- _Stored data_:
------------------------------------------------------------

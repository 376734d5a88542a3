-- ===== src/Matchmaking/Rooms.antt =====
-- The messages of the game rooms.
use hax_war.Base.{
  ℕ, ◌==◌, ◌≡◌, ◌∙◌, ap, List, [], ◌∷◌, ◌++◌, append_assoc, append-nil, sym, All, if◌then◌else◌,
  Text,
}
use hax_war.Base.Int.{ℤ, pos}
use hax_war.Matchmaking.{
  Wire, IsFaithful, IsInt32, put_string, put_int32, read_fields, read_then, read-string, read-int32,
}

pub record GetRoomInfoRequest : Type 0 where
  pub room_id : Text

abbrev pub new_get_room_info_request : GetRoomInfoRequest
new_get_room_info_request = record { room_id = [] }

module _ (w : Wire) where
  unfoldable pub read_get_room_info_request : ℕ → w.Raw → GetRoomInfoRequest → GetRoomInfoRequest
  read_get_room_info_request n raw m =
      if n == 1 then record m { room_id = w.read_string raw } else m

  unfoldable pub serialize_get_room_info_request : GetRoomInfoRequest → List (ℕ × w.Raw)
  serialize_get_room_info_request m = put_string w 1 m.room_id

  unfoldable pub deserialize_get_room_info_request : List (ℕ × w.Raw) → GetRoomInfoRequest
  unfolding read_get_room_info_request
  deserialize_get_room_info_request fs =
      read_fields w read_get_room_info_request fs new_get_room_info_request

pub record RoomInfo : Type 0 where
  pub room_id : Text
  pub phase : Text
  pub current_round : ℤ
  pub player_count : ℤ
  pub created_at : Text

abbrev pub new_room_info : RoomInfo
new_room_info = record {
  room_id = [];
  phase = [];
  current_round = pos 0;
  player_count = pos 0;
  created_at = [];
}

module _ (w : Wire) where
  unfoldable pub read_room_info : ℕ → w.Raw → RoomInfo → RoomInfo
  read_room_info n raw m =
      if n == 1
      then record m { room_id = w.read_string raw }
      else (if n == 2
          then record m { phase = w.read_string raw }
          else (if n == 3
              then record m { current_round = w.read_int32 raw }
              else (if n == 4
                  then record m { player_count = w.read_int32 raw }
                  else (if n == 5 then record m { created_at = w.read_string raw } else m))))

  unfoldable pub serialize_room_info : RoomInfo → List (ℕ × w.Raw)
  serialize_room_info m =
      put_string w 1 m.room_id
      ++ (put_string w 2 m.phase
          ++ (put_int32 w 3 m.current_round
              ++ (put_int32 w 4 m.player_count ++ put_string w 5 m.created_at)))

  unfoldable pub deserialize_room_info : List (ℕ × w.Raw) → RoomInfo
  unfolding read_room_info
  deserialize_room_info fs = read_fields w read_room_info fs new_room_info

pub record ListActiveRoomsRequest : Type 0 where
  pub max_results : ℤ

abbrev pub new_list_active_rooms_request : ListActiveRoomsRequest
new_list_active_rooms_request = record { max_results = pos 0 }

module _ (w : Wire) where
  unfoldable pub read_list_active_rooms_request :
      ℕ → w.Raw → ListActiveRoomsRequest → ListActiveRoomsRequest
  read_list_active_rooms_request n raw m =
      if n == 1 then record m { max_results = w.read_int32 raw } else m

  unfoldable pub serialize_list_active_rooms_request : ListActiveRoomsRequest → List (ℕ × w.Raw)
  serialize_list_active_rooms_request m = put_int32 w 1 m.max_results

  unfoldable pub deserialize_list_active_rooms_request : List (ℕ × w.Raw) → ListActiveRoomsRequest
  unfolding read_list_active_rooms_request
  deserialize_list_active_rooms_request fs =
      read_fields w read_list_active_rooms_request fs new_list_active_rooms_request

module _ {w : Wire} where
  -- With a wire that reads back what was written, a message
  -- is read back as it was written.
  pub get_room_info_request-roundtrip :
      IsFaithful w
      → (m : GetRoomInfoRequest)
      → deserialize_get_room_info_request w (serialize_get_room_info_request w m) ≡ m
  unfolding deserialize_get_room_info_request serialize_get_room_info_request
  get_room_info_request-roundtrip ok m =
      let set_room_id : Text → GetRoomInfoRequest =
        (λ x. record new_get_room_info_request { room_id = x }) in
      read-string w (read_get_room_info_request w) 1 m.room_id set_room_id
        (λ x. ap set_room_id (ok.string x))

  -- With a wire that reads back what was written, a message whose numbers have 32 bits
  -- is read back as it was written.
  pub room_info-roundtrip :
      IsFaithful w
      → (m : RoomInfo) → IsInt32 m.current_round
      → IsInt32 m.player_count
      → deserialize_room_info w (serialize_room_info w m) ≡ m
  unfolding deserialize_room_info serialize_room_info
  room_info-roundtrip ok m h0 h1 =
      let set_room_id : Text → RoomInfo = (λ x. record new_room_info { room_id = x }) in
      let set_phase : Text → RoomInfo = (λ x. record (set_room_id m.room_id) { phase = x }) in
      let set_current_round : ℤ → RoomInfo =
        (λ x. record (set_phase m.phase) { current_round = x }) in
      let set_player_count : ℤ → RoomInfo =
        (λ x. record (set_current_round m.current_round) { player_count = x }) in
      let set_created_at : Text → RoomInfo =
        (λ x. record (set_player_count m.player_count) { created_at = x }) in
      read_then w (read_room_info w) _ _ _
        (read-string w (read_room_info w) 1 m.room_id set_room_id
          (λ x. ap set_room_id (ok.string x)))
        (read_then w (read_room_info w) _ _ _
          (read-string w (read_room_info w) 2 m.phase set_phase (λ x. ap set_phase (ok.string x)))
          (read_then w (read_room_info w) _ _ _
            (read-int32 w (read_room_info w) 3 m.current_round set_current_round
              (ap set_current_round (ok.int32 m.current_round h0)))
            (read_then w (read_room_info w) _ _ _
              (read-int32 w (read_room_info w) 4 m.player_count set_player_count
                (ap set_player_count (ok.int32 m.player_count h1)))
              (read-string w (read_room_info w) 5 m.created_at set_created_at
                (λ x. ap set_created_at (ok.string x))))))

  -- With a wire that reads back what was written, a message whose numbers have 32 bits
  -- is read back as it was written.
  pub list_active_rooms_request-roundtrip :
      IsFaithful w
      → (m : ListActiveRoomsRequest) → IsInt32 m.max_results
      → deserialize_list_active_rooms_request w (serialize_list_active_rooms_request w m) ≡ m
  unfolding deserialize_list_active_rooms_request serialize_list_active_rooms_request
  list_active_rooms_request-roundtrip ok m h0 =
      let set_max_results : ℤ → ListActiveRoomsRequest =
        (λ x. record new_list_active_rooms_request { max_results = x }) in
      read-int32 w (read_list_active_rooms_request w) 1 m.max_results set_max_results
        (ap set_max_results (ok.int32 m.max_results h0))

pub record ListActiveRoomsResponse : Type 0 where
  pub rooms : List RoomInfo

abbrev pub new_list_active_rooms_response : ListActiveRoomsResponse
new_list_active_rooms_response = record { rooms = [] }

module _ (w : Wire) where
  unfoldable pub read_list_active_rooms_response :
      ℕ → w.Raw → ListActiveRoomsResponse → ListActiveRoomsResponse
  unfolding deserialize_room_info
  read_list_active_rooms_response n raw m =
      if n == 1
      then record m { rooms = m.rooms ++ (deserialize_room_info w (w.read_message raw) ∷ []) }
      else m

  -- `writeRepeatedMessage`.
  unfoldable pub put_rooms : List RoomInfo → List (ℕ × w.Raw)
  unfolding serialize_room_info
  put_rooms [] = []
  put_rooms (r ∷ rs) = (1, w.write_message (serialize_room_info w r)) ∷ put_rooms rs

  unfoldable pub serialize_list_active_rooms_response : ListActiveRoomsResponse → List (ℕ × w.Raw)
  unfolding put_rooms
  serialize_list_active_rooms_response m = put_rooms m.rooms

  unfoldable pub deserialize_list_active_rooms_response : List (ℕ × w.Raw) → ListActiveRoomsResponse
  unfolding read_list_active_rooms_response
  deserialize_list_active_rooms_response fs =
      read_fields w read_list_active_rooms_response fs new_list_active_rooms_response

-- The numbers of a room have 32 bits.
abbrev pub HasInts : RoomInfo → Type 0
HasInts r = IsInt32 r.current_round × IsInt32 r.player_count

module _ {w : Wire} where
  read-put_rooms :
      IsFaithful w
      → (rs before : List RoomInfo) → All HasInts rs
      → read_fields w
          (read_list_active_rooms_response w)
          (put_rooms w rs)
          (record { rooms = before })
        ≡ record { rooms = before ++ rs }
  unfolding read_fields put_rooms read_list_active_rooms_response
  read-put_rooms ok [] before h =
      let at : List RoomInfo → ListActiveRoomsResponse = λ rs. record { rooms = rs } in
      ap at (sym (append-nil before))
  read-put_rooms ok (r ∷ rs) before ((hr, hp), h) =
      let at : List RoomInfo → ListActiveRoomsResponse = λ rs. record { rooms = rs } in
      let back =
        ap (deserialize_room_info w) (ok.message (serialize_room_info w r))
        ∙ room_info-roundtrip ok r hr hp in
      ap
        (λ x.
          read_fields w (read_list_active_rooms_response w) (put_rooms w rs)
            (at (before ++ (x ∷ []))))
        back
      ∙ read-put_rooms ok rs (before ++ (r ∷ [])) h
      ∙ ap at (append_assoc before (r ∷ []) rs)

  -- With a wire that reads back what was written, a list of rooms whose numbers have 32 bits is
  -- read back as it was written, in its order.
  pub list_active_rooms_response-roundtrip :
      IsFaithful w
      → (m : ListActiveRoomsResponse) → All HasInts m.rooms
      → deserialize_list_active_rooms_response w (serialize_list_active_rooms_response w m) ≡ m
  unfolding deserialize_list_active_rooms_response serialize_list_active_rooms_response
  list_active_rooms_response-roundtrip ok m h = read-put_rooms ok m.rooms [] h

------------------------------------------------------------

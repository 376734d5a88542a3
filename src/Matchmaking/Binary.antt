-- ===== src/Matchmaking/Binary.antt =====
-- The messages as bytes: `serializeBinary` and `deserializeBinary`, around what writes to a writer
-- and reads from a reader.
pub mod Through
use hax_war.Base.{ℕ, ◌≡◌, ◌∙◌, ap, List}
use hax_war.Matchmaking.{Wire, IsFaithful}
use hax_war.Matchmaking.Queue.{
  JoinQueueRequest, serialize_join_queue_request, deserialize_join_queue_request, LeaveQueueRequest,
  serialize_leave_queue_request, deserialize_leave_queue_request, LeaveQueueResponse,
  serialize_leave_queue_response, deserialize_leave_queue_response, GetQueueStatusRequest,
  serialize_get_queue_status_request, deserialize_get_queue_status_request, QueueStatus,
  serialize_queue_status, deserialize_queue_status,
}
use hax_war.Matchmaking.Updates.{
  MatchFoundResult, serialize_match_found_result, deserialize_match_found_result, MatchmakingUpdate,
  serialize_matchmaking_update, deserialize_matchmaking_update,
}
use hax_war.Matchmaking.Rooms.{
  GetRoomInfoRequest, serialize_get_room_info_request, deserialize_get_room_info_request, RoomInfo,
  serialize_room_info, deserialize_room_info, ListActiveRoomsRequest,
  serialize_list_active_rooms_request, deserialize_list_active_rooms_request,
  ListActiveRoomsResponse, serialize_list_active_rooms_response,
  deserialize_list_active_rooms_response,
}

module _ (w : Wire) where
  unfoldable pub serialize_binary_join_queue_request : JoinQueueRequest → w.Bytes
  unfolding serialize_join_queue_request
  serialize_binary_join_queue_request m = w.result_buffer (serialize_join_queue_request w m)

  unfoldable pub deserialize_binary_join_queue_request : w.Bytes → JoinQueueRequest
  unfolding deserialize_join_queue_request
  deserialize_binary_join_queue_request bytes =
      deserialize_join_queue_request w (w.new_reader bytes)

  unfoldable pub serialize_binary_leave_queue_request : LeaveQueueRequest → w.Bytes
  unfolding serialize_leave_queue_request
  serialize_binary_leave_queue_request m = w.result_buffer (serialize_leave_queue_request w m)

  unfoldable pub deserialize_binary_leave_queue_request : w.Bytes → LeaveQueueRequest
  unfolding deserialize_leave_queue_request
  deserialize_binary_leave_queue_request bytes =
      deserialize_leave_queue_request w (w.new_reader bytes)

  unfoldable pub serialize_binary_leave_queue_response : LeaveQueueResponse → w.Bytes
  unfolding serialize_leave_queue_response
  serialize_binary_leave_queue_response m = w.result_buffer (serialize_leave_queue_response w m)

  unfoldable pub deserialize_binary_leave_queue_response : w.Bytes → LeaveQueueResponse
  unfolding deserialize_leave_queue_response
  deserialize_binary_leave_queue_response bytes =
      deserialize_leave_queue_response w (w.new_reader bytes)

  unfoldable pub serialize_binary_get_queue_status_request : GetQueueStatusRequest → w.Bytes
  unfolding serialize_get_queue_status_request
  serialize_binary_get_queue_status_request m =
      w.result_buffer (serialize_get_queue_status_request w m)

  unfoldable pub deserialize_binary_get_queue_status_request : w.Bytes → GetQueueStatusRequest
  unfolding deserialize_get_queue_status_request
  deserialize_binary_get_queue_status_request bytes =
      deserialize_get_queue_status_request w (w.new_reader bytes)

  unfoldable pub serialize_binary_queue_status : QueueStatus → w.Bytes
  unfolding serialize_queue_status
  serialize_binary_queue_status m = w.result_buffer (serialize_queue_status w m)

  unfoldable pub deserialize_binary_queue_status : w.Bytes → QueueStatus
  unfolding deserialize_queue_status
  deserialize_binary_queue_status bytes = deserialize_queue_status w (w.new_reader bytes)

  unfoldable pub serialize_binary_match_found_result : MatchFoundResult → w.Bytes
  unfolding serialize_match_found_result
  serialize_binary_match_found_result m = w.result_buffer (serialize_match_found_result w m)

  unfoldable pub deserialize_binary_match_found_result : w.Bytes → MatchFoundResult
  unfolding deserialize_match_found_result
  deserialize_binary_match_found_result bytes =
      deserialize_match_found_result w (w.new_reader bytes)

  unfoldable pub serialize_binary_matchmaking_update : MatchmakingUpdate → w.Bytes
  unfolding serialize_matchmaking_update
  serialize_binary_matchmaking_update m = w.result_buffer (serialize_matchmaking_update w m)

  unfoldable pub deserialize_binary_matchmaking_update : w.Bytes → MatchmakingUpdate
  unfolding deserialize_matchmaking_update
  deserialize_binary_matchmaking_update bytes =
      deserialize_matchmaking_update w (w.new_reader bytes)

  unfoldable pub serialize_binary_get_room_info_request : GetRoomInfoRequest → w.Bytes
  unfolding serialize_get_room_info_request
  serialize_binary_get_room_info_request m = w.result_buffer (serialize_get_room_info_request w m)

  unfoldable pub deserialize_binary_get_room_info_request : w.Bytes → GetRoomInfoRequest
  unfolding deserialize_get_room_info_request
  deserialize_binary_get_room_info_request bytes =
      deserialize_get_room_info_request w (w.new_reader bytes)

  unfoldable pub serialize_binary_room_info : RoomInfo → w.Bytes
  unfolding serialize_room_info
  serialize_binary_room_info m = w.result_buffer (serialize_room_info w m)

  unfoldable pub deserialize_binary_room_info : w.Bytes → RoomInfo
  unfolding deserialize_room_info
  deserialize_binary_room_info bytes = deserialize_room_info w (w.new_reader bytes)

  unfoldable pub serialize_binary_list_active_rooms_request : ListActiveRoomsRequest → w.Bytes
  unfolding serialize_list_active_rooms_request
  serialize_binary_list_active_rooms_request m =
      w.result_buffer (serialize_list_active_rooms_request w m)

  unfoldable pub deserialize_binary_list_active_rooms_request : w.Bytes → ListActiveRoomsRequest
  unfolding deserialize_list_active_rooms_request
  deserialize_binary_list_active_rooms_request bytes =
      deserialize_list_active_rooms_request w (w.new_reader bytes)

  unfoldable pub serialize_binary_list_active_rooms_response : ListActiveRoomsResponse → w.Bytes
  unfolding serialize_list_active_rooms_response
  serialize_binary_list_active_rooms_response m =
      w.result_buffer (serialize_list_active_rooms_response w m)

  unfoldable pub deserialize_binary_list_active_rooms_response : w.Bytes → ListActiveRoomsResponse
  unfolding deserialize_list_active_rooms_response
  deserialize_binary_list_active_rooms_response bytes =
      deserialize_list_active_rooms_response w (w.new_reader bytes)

------------------------------------------------------------

- _Task to carry out_: Write down, word for word, the lines above from the one containing "else (if n == 4" through the one containing "deserialize_room_info fs = read_fields", both ends included.

- _Answer for the task_:
              else (if n == 4
                  then record m { player_count = w.read_int32 raw }
                  else (if n == 5 then record m { created_at = w.read_string raw } else m))))

  unfoldable pub serialize_room_info : RoomInfo → List (ℕ × w.Raw)
  serialize_room_info m =
      put_string w 1 m.room_id
      ++ (put_string w 2 m.phase
          ++ (put_int32 w 3 m.current_round
              ++ (put_int32 w 4 m.player_count ++ put_string w 5 m.created_at)))

  unfoldable pub deserialize_room_info : List (ℕ × w.Raw) → RoomInfo
  unfolding read_room_info
  deserialize_room_info fs = read_fields w read_room_info fs new_room_info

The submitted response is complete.